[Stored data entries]
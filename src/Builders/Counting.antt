-- ===== src/Builders/Counting.antt =====
-- Membership in the lists that loops over a number of rounds build, and the number of rounds after a
-- conversion to int32.
use mathlib.Core.Path.{subst}
use mathlib.Core.List.Memᴰ
use mathlib.Core.List.{Memᴰ, flat_map, map}
use telemetry_operator.Base.{
  ◌≡◌, ap, ℤ, pos, negsuc, ℕ, zero, suc, ◌+◌, ◌<◌, ◌≤◌, List, [], ◌∷◌, arith, is_positive, rounds,
  if◌then◌else◌, false,
}
use telemetry_operator.Base.Int.{int32}
use telemetry_operator.Validate.Frame.{is_negative}
use telemetry_operator.Builders.Labels.{count_up, one_if_zero}

count_up-Memᴰ {ℓ} :
    {A : Type ℓ} (f : ℕ → A) (start n i : ℕ)
    → i < n
    → Memᴰ (f (start + i)) (map f (count_up start n))
unfolding count_up
count_up-Memᴰ f start zero i h = absurd (omega arith)
count_up-Memᴰ f start (suc n) zero h =
    let here : start + 0 ≡ start = omega arith in Memᴰ.head (ap f here)
count_up-Memᴰ f start (suc n) (suc i) h =
    let moved : start + suc i ≡ suc start + i = omega arith in
    Memᴰ.tail (Memᴰ.cast (ap f moved) (count_up-Memᴰ f (suc start) n i (omega arith)))

pub row-Memᴰ {ℓ} : {A : Type ℓ} (f : ℕ → A) (n i : ℕ) → i < n → Memᴰ (f i) (map f (count_up 0 n))
row-Memᴰ f n i h =
    let same : i ≡ 0 + i = omega arith in Memᴰ.cast (ap f same) (count_up-Memᴰ f 0 n i h)

pub rows-Memᴰ {ℓ} :
    {A : Type ℓ} (f : ℕ → ℕ → A) (r start s j i : ℕ)
    → j < s
    → i < r
    → Memᴰ (f (start + j) i) (flat_map (λ a. map (f a) (count_up 0 r)) (count_up start s))
unfolding count_up flat_map
rows-Memᴰ f r start zero j i h k = absurd (omega arith)
rows-Memᴰ f r start (suc s) zero i h k =
    let here : start + 0 ≡ start = omega arith in
    Memᴰ.cast (ap (λ a. f a i) here) (Memᴰ.append_left _ (row-Memᴰ (f start) r i k))
rows-Memᴰ f r start (suc s) (suc j) i h k =
    let moved : start + suc j ≡ suc start + j = omega arith in
    Memᴰ.cast (ap (λ a. f a i) moved) (
      Memᴰ.append_right (map (f start) (count_up 0 r))
        (rows-Memᴰ f r (suc start) s j i (omega arith) k))

pub count_up-Memᴰ_inv {ℓ} :
    {A : Type ℓ} (f : ℕ → A) (start n : ℕ) (a : A)
    → Memᴰ a (map f (count_up start n))
    → (k : ℕ) × (k < start + n) × (a ≡ f k)
unfolding count_up
count_up-Memᴰ_inv f start zero a m = elim m [ ]
count_up-Memᴰ_inv f start (suc n) a (Memᴰ.head e) = (start, omega arith, e)
count_up-Memᴰ_inv f start (suc n) a (Memᴰ.tail m) =
    let (k, less, e) = count_up-Memᴰ_inv f (suc start) n a m in (k, omega arith, e)

listed : (start n i : ℕ) → i < n → Memᴰ (start + i) (count_up start n)
unfolding count_up
listed start zero i h = absurd (omega arith)
listed start (suc n) zero h = let here : start + 0 ≡ start = omega arith in Memᴰ.head here
listed start (suc n) (suc i) h =
    let moved : start + suc i ≡ suc start + i = omega arith in
    Memᴰ.tail (Memᴰ.cast moved (listed (suc start) n i (omega arith)))

pub listed_0 : (n i : ℕ) → i < n → Memᴰ i (count_up 0 n)
listed_0 n i h = let same : i ≡ 0 + i = omega arith in Memᴰ.cast same (listed 0 n i h)

pub flat_map-Memᴰ :
    {A B : Type 0} (f : A → List B) (l : List A) (a : A) (b : B)
    → Memᴰ a l
    → Memᴰ b (f a)
    → Memᴰ b (flat_map f l)
unfolding flat_map
flat_map-Memᴰ f [] a b m n = elim m [ ]
flat_map-Memᴰ f (x ∷ l) a b (Memᴰ.head e) n =
    Memᴰ.append_left (flat_map f l) (subst (λ y. Memᴰ b (f y)) e n)
flat_map-Memᴰ f (x ∷ l) a b (Memᴰ.tail m) n = Memᴰ.append_right (f x) (flat_map-Memᴰ f l a b m n)

-- The conversion of a number that is not negative does not make it larger.
rounds-int32 : (n : ℕ) → rounds (int32 (pos n)) ≤ n
unfolding int32
rounds-int32 n = ground arith

at_least_one :
    (k : ℤ) (m : ℕ) → rounds k ≤ m → 1 ≤ m → rounds (if is_positive k then k else pos 1) ≤ m
at_least_one (pos zero) m h l = l
at_least_one (pos (suc k)) m h l = h
at_least_one (negsuc k) m h l = l

pub rounds_le :
    (z : ℤ)
    → is_negative z ≡ false
    → rounds (if is_positive (int32 z) then int32 z else pos 1) ≤ rounds (one_if_zero z)
rounds_le (pos zero) h =
    let small = rounds-int32 0 in at_least_one (int32 (pos 0)) 1 (omega arith) (omega arith)
rounds_le (pos (suc n)) h =
    at_least_one (int32 (pos (suc n))) (suc n) (rounds-int32 (suc n)) (omega arith)
rounds_le (negsuc n) h = cc

-- The same of the keeper's number of replicas, which is positive.
pub rounds-int32_keeper :
    (z : ℤ)
    → rounds (int32 (if is_positive z then z else pos 3))
      ≤ rounds (if is_positive z then z else pos 3)
rounds-int32_keeper (pos zero) = rounds-int32 3
rounds-int32_keeper (pos (suc n)) = rounds-int32 (suc n)
rounds-int32_keeper (negsuc n) = rounds-int32 3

__Description of the task__
Lines that include the word "Counting" are to be extracted from the data above.

__Response to this task__
filename src/Builders/Counting.antt
-- ===== src/Builders/Counting.antt =====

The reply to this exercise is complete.